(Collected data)
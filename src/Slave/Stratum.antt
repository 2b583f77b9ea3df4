-- ===== src/Slave/Stratum.antt =====
-- The Stratum server: `handleStratumConn` of cmd/slave/stratum.go, one request at a time.
pub mod Server
pub mod Shares
pub mod Honest
pub mod Reach
pub mod Race
use xelis_pool.Common.{
  ℕ, ◌+◌, ◌%◌, ◌^◌, Bool, true, false, ◌&&◌, ◌||◌, not, Option, none, some, List, [], ◌∷◌, ◌++◌,
  length, replicate, ltb, ◌==◌, if◌then◌else◌,
}
use xelis_pool.Common.Bytes.{Bytes, codes, be_value, ◌=?◌}
use xelis_pool.Common.Text.{remove_port}
use xelis_pool.Common.Hex.{decode_hex, encode_hex}
use xelis_pool.Common.Options.{◌>>=◌}
use xelis_pool.RateLimit.{Limiter}
use xelis_pool.Pow.BlockMiner.{
  blockminer_length, set_nonce, set_extra_nonce, set_pool_nonce, set_job_id, get_timestamp,
  get_job_id, get_extra_nonce, get_publickey,
}
use xelis_pool.Slave.Submit.{Job, Miner, find_job}
use xelis_pool.Slave.Jobs.{authorized_jobs, Request, send_stratum_job, stratum_blob}
use xelis_pool.Slave.Packet.{
  Decoder, Reply, checked, kicks, answer_accepts, MemJob, JobToSend, parse_addr, Client, Handled,
  handle_conn_packet,
}
use xelis_pool.Master.Float.{Float}
use xelis_pool.Xatum.{get_next_diff}

-- `stratum.RequestIn`; the parameters are still JSON.
pub record RequestIn : Type 0 where
  pub id : ℕ
  pub method : Bytes
  pub params : Bytes

-- JSON of the standard library: the request, a list of strings, and the submit packet of a block
-- behind its `~`. `none` is an error.
pub record Json : Type 0 where
  pub request : Bytes → Option RequestIn
  pub strings : Bytes → Option (List Bytes)
  pub submit_data : Bytes → Option Bytes

-- The result of `stratum.ResponseOut`: the extra nonce and the public key, true, or false with the
-- code of the error, 1 standing for -1.
pub data Result : Type 0 where
  subscribed : Bytes → Bytes → Result
  done : Result
  failed : ℕ → Result

pub data Message : Type 0 where
  response : ℕ → Result → Message
  request : ℕ → Request → Message
  ping : ℕ → Message

-- Whether the connection waits for its next request, is done with, or waits for its own mutex.
pub data Status : Type 0 where
  running returned blocked : Status

-- The block of the last job with the id, with the nonce, or zeros.
unfoldable pub share_block : Bytes → Bytes → Bytes → List Job → Bytes
unfolding stratum_blob find_job
share_block pool_nonce id nonce jobs = elim (find_job id jobs) [
  | none ↦ replicate blockminer_length 0
  | some (i, j) ↦ stratum_blob pool_nonce id (set_nonce (be_value nonce) j.block_miner)
]

-- The id of the job and the nonce of a share.
unfoldable pub submit_params : List Bytes → Option (Bytes × Bytes)
submit_params [] = none
submit_params (user ∷ []) = none
submit_params (user ∷ job_id ∷ []) = none
submit_params (user ∷ job_id ∷ nonce ∷ x ∷ more) = none
submit_params (user ∷ job_id ∷ nonce ∷ []) = do
  id ← decode_hex job_id
  n ← decode_hex nonce
  if length id == 16 && length n == 8 then some (id, n) else none

-- `mining.authorize` takes three parameters at least and reads the first.
unfoldable pub authorize_param : List Bytes → Option Bytes
authorize_param (user ∷ x ∷ y ∷ more) = some user
authorize_param (user ∷ x ∷ []) = none
authorize_param (user ∷ []) = none
authorize_param [] = none

module _ (float : Float) where
  open float use {F, of_ℕ, to_ℕ}

  pub record StratumConn : Type 0 where
    pub client : Client float
    pub miner_id : Bytes
    pub ip : Bytes
    pub last_out_id : ℕ
    pub alive : Bool

  -- What a request leaves, and what is sent to the miner.
  pub record Turn : Type 0 where
    pub conn : StratumConn
    pub limiter : Limiter
    pub sent : List Message
    pub status : Status

  abbrev pub turn : StratumConn → Limiter → List Message → Status → Turn
  turn c l sent status = record { conn = c; limiter = l; sent = sent; status = status }

  abbrev pub closed : StratumConn → StratumConn
  closed c = record c { alive = false }

  abbrev pub with_client : StratumConn → Client float → StratumConn
  with_client c client = record c { client = client }

  abbrev pub with_miner : StratumConn → Miner → StratumConn
  with_miner c m = with_client c (record c.client { miner = m })

  abbrev pub with_lock : Bool → StratumConn → StratumConn
  with_lock b c = with_miner c (record c.client.miner { locked = b })

  -- Each request takes the next id.
  unfoldable pub numbered : ℕ → List Request → ℕ × List Message
  numbered last [] = (last, [])
  numbered last (r ∷ rs) =
      let id = (last + 1) % 2 ^ 32 in let (last', ms) = numbered id rs in (last', request id r ∷ ms)

  -- The difficulty that is sent follows `next_diff`; `seconds` is the time since the last share.
  unfoldable pub send_stratum :
      ℕ → F → Bytes → Bytes → ℕ → Bytes → StratumConn → StratumConn × List Message
  unfolding send_stratum_job get_next_diff numbered
  send_stratum min_difficulty seconds job_id pool_nonce block_diff blob c =
      let next = to_ℕ (get_next_diff float min_difficulty seconds c.client.next_diff) in
      let (m, requests) = send_stratum_job next job_id pool_nonce block_diff blob c.client.miner in
      let (last_out_id, sent) = numbered c.last_out_id requests in
      (record (with_miner c m) { last_out_id = last_out_id }, sent)

  -- What is not under the configuration of the requests: the pool nonce, the configured least and
  -- initial difficulties, and the job that is known last.
  module _ (json : Json) (decoder : Decoder) (is_valid : Bytes → Bool) (pool_nonce : Bytes)
      (min_difficulty initial_difficulty : ℕ) (last : MemJob) where
    -- `written` says whether the response could be written.
    unfoldable pub on_subscribe : ℕ → Bool → Limiter → StratumConn → Turn
    unfolding stratum_blob
    on_subscribe id written l c =
        let blob = stratum_blob pool_nonce c.miner_id last.blob in
        let sent : List Message =
          response id
            (subscribed (encode_hex (get_extra_nonce blob)) (encode_hex (get_publickey blob)))
          ∷ [] in
        if written then turn c l sent running else turn (closed c) l [] returned

    -- The address is in use before the response is written.
    unfoldable pub authorized : Bytes → ℕ → StratumConn → StratumConn
    unfolding authorized_jobs
    authorized wall diff c = with_client c (record c.client {
      wallet = wall;
      next_diff = of_ℕ diff;
      miner = record c.client.miner { jobs = authorized_jobs diff c.client.miner.jobs };
    })

    unfoldable pub asked_diff : Option ℕ → ℕ
    asked_diff none = initial_difficulty
    asked_diff (some d) = d

    unfoldable pub authorize : F → Bytes → ℕ → Bytes → Bool → Limiter → StratumConn → Turn
    unfolding authorized asked_diff send_stratum parse_addr
    authorize seconds job_id id user written l c =
        let (wall, diff) = parse_addr min_difficulty user in
        let c' = authorized wall (asked_diff diff) c in
        if is_valid wall
        then (if written
            then (let (c'', job) =
                  send_stratum min_difficulty seconds job_id pool_nonce last.diff last.blob c' in
                turn c'' l (response id done ∷ job) running)
            else turn (closed c') l [] returned)
        else turn (closed c) l (response id (failed 1) ∷ []) returned

    unfoldable pub on_authorize : F → Bytes → ℕ → Bytes → Bool → Limiter → StratumConn → Turn
    unfolding authorize_param authorize
    on_authorize seconds job_id id params written l c =
        elim (json.strings params >>= authorize_param) [
          | none ↦ turn (closed c) l [] returned
          | some user ↦ authorize seconds job_id id user written l c
        ]

    -- The clock in seconds and in milliseconds, and the job that the verification asks for before
    -- it is looked at.
    module _ (now now_ms : ℕ) (late : JobToSend) where
      unfoldable pub resend : F → Bytes → StratumConn → StratumConn × List Message
      unfolding send_stratum
      resend seconds job_id c = elim late [
        | none ↦ (c, [])
        | some (diff, blob) ↦
            if diff == 0
            then (c, [])
            else send_stratum min_difficulty seconds job_id pool_nonce diff blob c
      ]

      abbrev pub verdict : Reply → Result
      verdict (checked a) = if answer_accepts a then done else failed 20
      verdict r = failed 20

      -- The answer to a share that the handler has checked. The mutex is taken first.
      unfoldable pub answered : F → Bytes → ℕ → StratumConn → Handled float → Turn
      unfolding resend
      answered seconds job_id id c r =
          let c' = with_client c r.client in
          if r.client.miner.locked
          then turn c' r.limiter [] blocked
          else if kicks r.reply
          then turn (closed c') r.limiter [] returned
          else (let (c'', job) = resend seconds job_id c' in
              turn c'' r.limiter (response id (verdict r.reply) ∷ job) running)

      unfoldable pub on_block : F → Bytes → ℕ → Bytes → Limiter → StratumConn → Turn
      unfolding answered handle_conn_packet
      on_block seconds job_id id bm l c = elim (json.submit_data bm) [
        | none ↦ turn (closed c) l [] returned
        | some body ↦ answered seconds job_id id c (
            handle_conn_packet float decoder is_valid min_difficulty last now now_ms
              (remove_port c.ip) pool_nonce c.miner_id 10 (codes "submit~" ++ body) l c.client)
      ]

      -- A stale share leaves the mutex locked.
      unfoldable pub on_submit : F → Bytes → ℕ → Bytes → Limiter → StratumConn → Turn
      unfolding submit_params share_block on_block
      on_submit seconds job_id id params l c = elim (json.strings params >>= submit_params) [
        | none ↦ turn (closed c) l [] returned
        | some (share_id, nonce) ↦
            let bm = share_block pool_nonce share_id nonce c.client.miner.jobs in
            if get_timestamp bm == 0
            then turn (with_lock true c) l (response id (failed 21) ∷ []) running
            else on_block seconds job_id id bm l c
      ]

      unfoldable pub on_request : F → Bytes → RequestIn → Bool → Limiter → StratumConn → Turn
      unfolding on_subscribe on_authorize on_submit
      on_request seconds job_id req written l c =
          if req.method =? codes "mining.subscribe"
          then on_subscribe req.id written l c
          else if req.method =? codes "mining.authorize"
          then on_authorize seconds job_id req.id req.params written l c
          else if req.method =? codes "mining.submit"
          then on_submit seconds job_id req.id req.params l c
          else turn c l [] running

      -- One round of the loop; `read` is the line, `none` an error of the connection.
      unfoldable pub handle_stratum : F → Bytes → Option Bytes → Bool → Limiter → StratumConn → Turn
      unfolding on_request
      handle_stratum seconds job_id read written l c =
          if c.client.miner.locked then turn c l [] blocked else elim (read >>= json.request) [
            | none ↦ turn (closed c) l [] returned
            | some req ↦ on_request seconds job_id req written l c
          ]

(Work request)
Locate the lines above that hold the word "Message". Show every one of them.

(Answer below)
pub data Message : Type 0 where
  response : ℕ → Result → Message
  request : ℕ → Request → Message
  ping : ℕ → Message
    pub sent : List Message
  abbrev pub turn : StratumConn → Limiter → List Message → Status → Turn
  unfoldable pub numbered : ℕ → List Request → ℕ × List Message
      ℕ → F → Bytes → Bytes → ℕ → Bytes → StratumConn → StratumConn × List Message
        let sent : List Message =
      unfoldable pub resend : F → Bytes → StratumConn → StratumConn × List Message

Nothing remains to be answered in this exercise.